Chaos caribéen


CULTURE 12/05/2011; Libération
Sous l’arbre à Palabra de Porto Rico
Mots. Conclusion, aujourd’hui à New York, du festival de littérature hispanophone de San Juan.
Par Natalie LEVISALLES

Le Festival du Mot, Porto Rico 2011

Comment se fait-il que la littérature hispanophone n’ait pas la présence qu’elle mérite dans le monde ? Et pourquoi les relations sont-elles si compliquées entre la population hispanophone des Etats-Unis (50 millions de personnes) et le reste du pays ? C’est pour « aider à débloquer la situation » que l’écrivaine portoricaine Mayra Santos Febres et l’auteur espagnol José Manuel Fajardo ont décidé de créer, à Porto Rico, le festival de la Palabra (le festival du mot). L’idée, dit Fajardo, « est de donner de la fierté aux américains d’origine hispanique et de montrer que l’espagnol n’est pas une langue de ghetto ».

La deuxième édition s’est tenue à San Juan puis à New York, où elle s’achève aujourd’hui (1). En tout, 80 écrivains ont échangé avec le public dans le Museo de Las Americas de San Juan, à deux pas du for San Felipe del Morro devant lequel les enfants lancent leurs cerfs-volants. Dans l’immense cour où des vélums protègent du soleil et des averses tropicales, les écrivains ont débattu autour du thème de l’année « rêves et délires de l’identité ». Sujets tables rondes : « la religion comme patrie, la patrie comme religion », « héritiers ou prisonniers de notre identité ? », etc. La plupart des auteurs sont latino-américains : José Carlos Somoza (Cuba), Junot Diaz (Saint-Domingue), Eduardo Halfon (Guatemala), Alberto Ruy-Sanchez (Mexique), Fernando Iwasaki (Pérou). Mais on rencontre aussi Inés Pedrosa (Portugal), Fabienne Kanor (France), Hyam Yared (Liban) ou l’espagnole Ana Maria Matute, invitée d’honneur. L’ambiance est un mélange de bonne humeur, d’absence de prétention et d’enthousiasme, le tout baigne dans un charmant « chaos caribéen », selon le mot d’un participant.

L’idée de faire le festival à Porto Rico vient de ce que cette île, encore plus que ses voisines de la Caraïbe, est un carrefour, expliquent les organisateurs.
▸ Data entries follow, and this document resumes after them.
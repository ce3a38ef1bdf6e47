-- ===== src/Raylet/Scheduler/Dispatch.antt =====
-- A task that is dispatched at once (crates/ray-raylet/src/scheduler.rs), and its way to its end.
use mathlib.Core.List.{append_assoc, append-nil}
use ray_rust.Common.{
  ◌≡◌, refl, sym, ap, ◌∙◌, true, Option, some, List, [], ◌∷◌, ◌++◌, length, get_elem?,
  get_elem?-middle, take-middle, drop-middle, ℕ, inl, inr, beq_refl, string_eq, arith,
}
use ray_rust.Common.HashMap
use ray_rust.Common.HashMap.Laws.{get-insert}
use ray_rust.Core.Error.{RayResult}
use ray_rust.Core.Id.{TaskId, WorkerId, id_eq}
use ray_rust.Core.Resources
use ray_rust.Core.Types.{TaskSpec, TaskStatus}
use ray_rust.Raylet.Scheduler.{
  submit_task, spawned, executing, Job, Node, dispatch_task, set_status, run_task, handle, submit,
  drain_one, drain_loop, drain, process, start_at, start_job, finish_at, finish_job,
}
use ray_rust.Raylet.Scheduler.Books.{allocate-cases, taken}
use ray_rust.Raylet.Worker.{WorkerHandle}

-- What a drain keeps of a node: its jobs in front, its store, and a task that is running.
pub record Extends (n n' : Node) : Type 0 where
  pub extra : List Job
  pub jobs : n'.jobs ≡ n.jobs ++ extra
  pub object_store : n'.object_store ≡ n.object_store
  pub stays_running :
      (id : TaskId)
      → HashMap.get n.task_statuses id ≡ some TaskStatus.running
      → HashMap.get n'.task_statuses id ≡ some TaskStatus.running

run_task-Extends : (n : Node) (spec : TaskSpec) → Extends n (run_task (taken n spec) spec)
unfolding run_task dispatch_task set_status
run_task-Extends n spec = record {
  extra = record { spec = spec; phase = spawned } ∷ [];
  jobs = refl;
  object_store = refl;
  stays_running =
      λ id h. ground (arith, get-insert n.task_statuses spec.task_id TaskStatus.running id, h);
}

Extends-trans : {a b c : Node} → Extends a b → Extends b c → Extends a c
Extends-trans {a} {b} {c} x y = record {
  extra = x.extra ++ y.extra;
  jobs = y.jobs ∙ ap (λ l. l ++ y.extra) x.jobs ∙ append_assoc a.jobs x.extra y.extra;
  object_store = y.object_store ∙ x.object_store;
  stays_running = λ id h. y.stays_running id (x.stays_running id h);
}

pub drain_loop-Extends :
    (n : Node) (queue still : List TaskSpec) → Extends n (drain_loop n queue still)
unfolding drain_loop drain_one
drain_loop-Extends n [] still = record {
  extra = [];
  jobs = sym (append-nil n.jobs);
  object_store = refl;
  stays_running = λ id h. h;
}
drain_loop-Extends n (spec ∷ rest) still = elim (allocate-cases n spec) [
  | inl (fits, e) ↦
      rw (e, drain_loop, drain_one)
        (Extends-trans (run_task-Extends n spec)
          (drain_loop-Extends (run_task (taken n spec) spec) rest still))
  | inr (short, e) ↦ rw (e, drain_loop, drain_one) (drain_loop-Extends n rest (still ++ spec ∷ []))
]

handle_fitting :
    (n : Node) (spec : TaskSpec)
    → Resources.can_satisfy n.resource_manager.available spec.required_resources ≡ true
    → handle n (submit_task spec) ≡ run_task (taken n spec) spec
unfolding handle submit
handle_fitting n spec fits = elim (allocate-cases n spec) [
  | inl (_, e) ↦ rw e refl
  | inr (short, e) ↦ cc
]

-- A task that fits is dispatched behind the jobs at hand, and is running.
pub record Dispatched (n : Node) (spec : TaskSpec) (n' : Node) : Type 0 where
  pub extra : List Job
  pub jobs : n'.jobs ≡ n.jobs ++ record { spec = spec; phase = spawned } ∷ extra
  pub object_store : n'.object_store ≡ n.object_store
  pub running : HashMap.get n'.task_statuses spec.task_id ≡ some TaskStatus.running

running_at_once :
    (n : Node) (spec : TaskSpec)
    → HashMap.get (run_task n spec).task_statuses spec.task_id ≡ some TaskStatus.running
unfolding run_task dispatch_task set_status
running_at_once n spec = ground (
  arith,
  get-insert n.task_statuses spec.task_id TaskStatus.running spec.task_id,
  beq_refl spec.task_id,
)

dispatched_jobs :
    (n : Node) (spec : TaskSpec) (extra : List Job)
    → (run_task n spec).jobs ++ extra ≡ n.jobs ++ record { spec = spec; phase = spawned } ∷ extra
unfolding run_task dispatch_task set_status
dispatched_jobs n spec extra =
    append_assoc n.jobs (record { spec = spec; phase = spawned } ∷ []) extra

run_task-object_store :
    (n : Node) (spec : TaskSpec) → (run_task n spec).object_store ≡ n.object_store
unfolding run_task dispatch_task set_status
run_task-object_store n spec = refl

pub process-Dispatched :
    (n : Node) (spec : TaskSpec)
    → Resources.can_satisfy n.resource_manager.available spec.required_resources ≡ true
    → Dispatched n spec (process n (submit_task spec))
unfolding process drain
process-Dispatched n spec fits = rw (handle_fitting n spec fits) (
    let first = run_task (taken n spec) spec in
    let x : Extends first (drain_loop first first.pending_queue []) =
      drain_loop-Extends first first.pending_queue [] in
    record {
      extra = x.extra;
      jobs = x.jobs ∙ dispatched_jobs (taken n spec) spec x.extra;
      object_store = x.object_store ∙ run_task-object_store (taken n spec) spec;
      running = x.stays_running spec.task_id (running_at_once (taken n spec) spec);
    })

pub started :
    (n : Node) (before : List Job) (spec : TaskSpec) (after : List Job) (worker_id : WorkerId)
    (pid : ℕ)
    → n.jobs ≡ before ++ record { spec = spec; phase = spawned } ∷ after
    → start_at n (length before) (get_elem? n.jobs (length before)) worker_id pid
      ≡ start_job n before spec after worker_id pid
unfolding start_at
started n before spec after worker_id pid e =
    let job : Job = record { spec = spec; phase = spawned } in
    simp
      (
        e,
        get_elem?-middle before job after,
        take-middle before (job ∷ after),
        drop-middle before job after,
      )
      refl

pub finished :
    (n : Node) (before : List Job) (spec : TaskSpec) (w : Option WorkerHandle) (after : List Job)
    (result : RayResult (List ℕ)) (now : ℕ)
    → n.jobs ≡ before ++ record { spec = spec; phase = executing w } ∷ after
    → finish_at n (length before) (some (record { spec = spec; phase = executing w })) result now
      ≡ finish_job n before spec w after result now
unfolding finish_at
finished n before spec w after result now e =
    let job : Job = record { spec = spec; phase = executing w } in
    simp (e, take-middle before (job ∷ after), drop-middle before job after) refl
Et surtout, avec son statut d’Etat libre associé et une population dont la moitié vix aux Etats-Unis, Porto Rico est de fait entre les cultures hispanique et anglo-saxonne.

Le festival s’inspire d’une manière de faire « à la française », explique Fajardo : « La France a fait de sa langue et de ses institutions une plate-forme qui accueille d’autres langes et cultures – le Roumain Tzara, L’Espagnol Picasso, le Belge Simenon – qui contribuent à projeter la culture française dans le monde. Notre objectif est de faire de la littérature hispanophone une plateforme qui projette la culture hispanique vers les Etats-Unis et les autres pays. »

Il s’agit aussi de faire connaître la littérature portoricaine – 70 auteurs publient à Porto Rico et 50 aux Etats-Unis pour une population de 4 millions dans l’île et autant aux Etats-Unis-, quasi ignorée à l’étranger. C’est automne, Porto Rico devrait être l’invité des rencontres littéraires de Saint-Nazaire (Loire-Atlantique).